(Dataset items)
.....
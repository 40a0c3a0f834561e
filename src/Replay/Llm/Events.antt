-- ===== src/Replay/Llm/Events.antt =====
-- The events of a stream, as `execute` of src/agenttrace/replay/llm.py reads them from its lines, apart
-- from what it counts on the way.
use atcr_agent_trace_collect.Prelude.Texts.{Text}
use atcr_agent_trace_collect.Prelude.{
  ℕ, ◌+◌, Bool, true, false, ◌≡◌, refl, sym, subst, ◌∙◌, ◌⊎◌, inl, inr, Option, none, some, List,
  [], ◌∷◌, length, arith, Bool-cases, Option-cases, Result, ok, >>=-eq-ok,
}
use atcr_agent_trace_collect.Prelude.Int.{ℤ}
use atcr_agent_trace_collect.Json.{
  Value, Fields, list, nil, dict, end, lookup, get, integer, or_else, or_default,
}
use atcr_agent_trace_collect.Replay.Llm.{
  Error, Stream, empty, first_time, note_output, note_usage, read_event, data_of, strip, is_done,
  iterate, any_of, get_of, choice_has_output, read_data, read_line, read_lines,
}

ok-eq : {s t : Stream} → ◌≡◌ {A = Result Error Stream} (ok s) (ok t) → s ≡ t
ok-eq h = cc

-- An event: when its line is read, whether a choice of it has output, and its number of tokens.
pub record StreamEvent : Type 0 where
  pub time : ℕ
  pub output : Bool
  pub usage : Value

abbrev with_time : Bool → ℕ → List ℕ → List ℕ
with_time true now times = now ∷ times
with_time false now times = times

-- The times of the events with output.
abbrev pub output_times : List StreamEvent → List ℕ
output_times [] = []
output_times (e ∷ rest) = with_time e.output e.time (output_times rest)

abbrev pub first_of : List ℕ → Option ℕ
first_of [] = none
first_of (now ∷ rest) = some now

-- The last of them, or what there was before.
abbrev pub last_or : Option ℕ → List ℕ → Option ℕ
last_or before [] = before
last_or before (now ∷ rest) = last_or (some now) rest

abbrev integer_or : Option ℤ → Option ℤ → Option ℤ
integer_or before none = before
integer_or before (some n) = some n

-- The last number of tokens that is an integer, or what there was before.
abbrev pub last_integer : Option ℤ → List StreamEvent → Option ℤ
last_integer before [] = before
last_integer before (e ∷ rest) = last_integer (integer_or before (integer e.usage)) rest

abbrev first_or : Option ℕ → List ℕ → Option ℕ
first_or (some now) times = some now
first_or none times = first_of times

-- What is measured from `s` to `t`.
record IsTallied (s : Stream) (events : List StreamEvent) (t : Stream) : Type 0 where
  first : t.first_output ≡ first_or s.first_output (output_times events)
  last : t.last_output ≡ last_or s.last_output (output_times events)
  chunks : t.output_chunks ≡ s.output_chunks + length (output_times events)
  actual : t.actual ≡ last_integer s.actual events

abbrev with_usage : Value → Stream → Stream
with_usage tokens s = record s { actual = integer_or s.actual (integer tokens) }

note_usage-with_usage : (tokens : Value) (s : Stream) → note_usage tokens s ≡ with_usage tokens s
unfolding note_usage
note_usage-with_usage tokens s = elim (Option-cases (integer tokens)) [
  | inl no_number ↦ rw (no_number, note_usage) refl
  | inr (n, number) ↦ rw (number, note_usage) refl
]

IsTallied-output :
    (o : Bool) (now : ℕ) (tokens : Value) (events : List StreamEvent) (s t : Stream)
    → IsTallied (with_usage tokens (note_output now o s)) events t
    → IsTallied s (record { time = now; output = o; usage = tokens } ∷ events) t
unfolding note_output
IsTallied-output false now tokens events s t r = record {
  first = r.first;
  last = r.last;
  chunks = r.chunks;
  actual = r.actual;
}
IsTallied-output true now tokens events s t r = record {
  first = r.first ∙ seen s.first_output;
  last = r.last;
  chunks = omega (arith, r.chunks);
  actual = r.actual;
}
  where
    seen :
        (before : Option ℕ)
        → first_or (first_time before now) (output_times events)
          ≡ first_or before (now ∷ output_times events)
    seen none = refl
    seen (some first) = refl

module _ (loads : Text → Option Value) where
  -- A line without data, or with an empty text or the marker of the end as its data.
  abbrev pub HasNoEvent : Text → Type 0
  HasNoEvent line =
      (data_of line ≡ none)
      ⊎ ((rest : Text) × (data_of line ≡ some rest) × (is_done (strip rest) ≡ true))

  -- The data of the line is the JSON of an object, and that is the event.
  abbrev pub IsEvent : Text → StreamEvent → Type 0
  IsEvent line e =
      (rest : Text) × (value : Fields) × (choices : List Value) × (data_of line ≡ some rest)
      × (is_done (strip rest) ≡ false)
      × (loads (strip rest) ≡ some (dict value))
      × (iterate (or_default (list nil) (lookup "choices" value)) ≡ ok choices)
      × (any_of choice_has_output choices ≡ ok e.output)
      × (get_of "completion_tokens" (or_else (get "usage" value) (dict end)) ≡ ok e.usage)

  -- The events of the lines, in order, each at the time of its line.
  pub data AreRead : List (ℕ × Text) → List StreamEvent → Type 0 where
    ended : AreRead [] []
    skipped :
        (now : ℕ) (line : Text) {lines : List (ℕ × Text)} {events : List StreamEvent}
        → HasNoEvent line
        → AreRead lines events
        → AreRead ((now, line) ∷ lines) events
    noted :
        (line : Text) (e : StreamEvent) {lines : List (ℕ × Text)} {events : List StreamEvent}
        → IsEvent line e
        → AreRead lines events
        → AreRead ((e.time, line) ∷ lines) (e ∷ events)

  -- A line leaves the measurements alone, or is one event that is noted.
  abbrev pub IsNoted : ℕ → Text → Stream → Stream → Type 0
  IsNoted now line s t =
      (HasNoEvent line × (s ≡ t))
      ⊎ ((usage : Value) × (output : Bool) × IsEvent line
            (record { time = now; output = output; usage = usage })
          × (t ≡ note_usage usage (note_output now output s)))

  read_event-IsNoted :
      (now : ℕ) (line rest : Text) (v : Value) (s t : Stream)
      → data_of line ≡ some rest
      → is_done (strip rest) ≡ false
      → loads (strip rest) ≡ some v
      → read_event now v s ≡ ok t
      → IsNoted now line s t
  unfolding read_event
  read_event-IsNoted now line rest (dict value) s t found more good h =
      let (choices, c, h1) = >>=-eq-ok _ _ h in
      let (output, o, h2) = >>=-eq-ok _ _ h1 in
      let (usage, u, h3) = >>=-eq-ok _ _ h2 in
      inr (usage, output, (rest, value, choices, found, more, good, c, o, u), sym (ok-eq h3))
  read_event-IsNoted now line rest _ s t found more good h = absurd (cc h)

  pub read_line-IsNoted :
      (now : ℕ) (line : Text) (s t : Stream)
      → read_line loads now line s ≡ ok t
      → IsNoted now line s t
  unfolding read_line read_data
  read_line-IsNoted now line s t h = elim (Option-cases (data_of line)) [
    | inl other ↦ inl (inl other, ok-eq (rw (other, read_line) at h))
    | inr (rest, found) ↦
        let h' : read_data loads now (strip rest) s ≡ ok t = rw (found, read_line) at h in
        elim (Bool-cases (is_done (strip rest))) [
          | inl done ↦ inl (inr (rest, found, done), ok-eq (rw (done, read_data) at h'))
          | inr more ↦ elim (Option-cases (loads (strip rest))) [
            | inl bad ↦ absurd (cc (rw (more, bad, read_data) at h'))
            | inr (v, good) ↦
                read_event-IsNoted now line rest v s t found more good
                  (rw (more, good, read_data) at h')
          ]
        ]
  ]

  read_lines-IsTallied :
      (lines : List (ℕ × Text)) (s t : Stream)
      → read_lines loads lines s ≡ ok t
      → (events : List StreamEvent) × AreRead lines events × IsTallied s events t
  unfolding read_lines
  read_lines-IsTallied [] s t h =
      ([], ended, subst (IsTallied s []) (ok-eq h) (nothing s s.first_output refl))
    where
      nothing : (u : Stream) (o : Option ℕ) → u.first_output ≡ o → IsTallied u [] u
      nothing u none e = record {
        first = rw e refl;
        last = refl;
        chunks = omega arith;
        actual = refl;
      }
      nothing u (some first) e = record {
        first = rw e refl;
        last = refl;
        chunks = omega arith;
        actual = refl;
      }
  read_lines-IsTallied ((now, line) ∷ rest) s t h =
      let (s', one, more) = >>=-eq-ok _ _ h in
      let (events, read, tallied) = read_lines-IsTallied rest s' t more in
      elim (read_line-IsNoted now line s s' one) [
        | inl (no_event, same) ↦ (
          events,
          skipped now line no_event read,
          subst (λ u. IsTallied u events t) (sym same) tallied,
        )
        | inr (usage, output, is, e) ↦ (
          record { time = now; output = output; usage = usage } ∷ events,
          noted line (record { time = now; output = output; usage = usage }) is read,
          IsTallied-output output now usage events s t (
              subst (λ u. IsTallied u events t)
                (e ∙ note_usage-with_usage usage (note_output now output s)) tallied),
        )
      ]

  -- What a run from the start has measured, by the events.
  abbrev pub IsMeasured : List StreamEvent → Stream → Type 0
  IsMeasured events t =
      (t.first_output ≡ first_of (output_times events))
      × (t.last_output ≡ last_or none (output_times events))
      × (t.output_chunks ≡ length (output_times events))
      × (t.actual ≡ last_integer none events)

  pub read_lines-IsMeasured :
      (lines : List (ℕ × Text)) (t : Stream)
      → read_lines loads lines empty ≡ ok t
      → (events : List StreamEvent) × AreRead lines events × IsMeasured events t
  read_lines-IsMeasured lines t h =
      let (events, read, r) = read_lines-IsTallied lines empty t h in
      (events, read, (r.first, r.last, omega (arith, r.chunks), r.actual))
.....
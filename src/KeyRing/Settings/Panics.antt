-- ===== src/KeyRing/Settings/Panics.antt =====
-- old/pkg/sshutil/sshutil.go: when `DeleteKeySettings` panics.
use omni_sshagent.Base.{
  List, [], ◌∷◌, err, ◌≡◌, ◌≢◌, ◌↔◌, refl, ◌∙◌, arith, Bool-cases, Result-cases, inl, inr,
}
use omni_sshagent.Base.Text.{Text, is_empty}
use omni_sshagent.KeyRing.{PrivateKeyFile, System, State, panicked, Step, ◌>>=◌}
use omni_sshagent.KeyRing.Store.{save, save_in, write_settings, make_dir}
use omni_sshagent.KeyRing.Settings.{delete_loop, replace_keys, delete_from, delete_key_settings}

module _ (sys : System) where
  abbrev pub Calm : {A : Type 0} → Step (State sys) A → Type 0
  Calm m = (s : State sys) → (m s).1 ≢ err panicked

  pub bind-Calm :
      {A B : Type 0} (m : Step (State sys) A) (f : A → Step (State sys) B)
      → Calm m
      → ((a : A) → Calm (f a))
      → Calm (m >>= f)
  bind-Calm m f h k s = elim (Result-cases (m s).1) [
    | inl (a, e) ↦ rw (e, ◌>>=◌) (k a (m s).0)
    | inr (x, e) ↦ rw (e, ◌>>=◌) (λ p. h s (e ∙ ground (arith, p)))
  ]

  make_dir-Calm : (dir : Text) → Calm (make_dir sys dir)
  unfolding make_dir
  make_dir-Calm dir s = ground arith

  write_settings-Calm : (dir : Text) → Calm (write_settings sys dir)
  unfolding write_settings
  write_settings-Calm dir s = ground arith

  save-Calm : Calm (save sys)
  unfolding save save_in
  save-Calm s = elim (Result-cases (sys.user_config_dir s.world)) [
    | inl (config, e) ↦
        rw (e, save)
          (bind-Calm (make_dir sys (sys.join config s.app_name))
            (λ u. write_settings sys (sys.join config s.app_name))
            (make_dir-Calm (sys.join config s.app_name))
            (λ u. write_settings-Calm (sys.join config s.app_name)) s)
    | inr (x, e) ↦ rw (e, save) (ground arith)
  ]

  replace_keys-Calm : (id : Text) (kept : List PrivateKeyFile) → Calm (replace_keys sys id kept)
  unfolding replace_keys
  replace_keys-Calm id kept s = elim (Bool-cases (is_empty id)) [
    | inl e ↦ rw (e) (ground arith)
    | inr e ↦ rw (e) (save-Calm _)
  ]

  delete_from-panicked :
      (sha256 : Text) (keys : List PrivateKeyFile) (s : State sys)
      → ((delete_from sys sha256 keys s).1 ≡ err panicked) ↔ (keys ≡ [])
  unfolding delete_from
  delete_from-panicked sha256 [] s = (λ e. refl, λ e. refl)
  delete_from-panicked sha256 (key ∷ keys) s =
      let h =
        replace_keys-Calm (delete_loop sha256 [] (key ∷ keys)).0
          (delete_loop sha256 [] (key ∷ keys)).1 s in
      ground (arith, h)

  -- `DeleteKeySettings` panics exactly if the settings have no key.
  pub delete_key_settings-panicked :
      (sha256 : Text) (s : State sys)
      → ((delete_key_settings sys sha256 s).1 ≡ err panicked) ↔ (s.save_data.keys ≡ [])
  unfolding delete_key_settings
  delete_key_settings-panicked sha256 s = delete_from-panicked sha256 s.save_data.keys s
.....
→ **Exercise objective**: Where does the string "true" occur in the data above? Copy every line that holds it.

→ **Finished task**:
  ℕ, ◌+◌, Bool, true, false, ◌≡◌, refl, sym, subst, ◌∙◌, ◌⊎◌, inl, inr, Option, none, some, List,
with_time true now times = now ∷ times
IsTallied-output true now tokens events s t r = record {
      ⊎ ((rest : Text) × (data_of line ≡ some rest) × (is_done (strip rest) ≡ true))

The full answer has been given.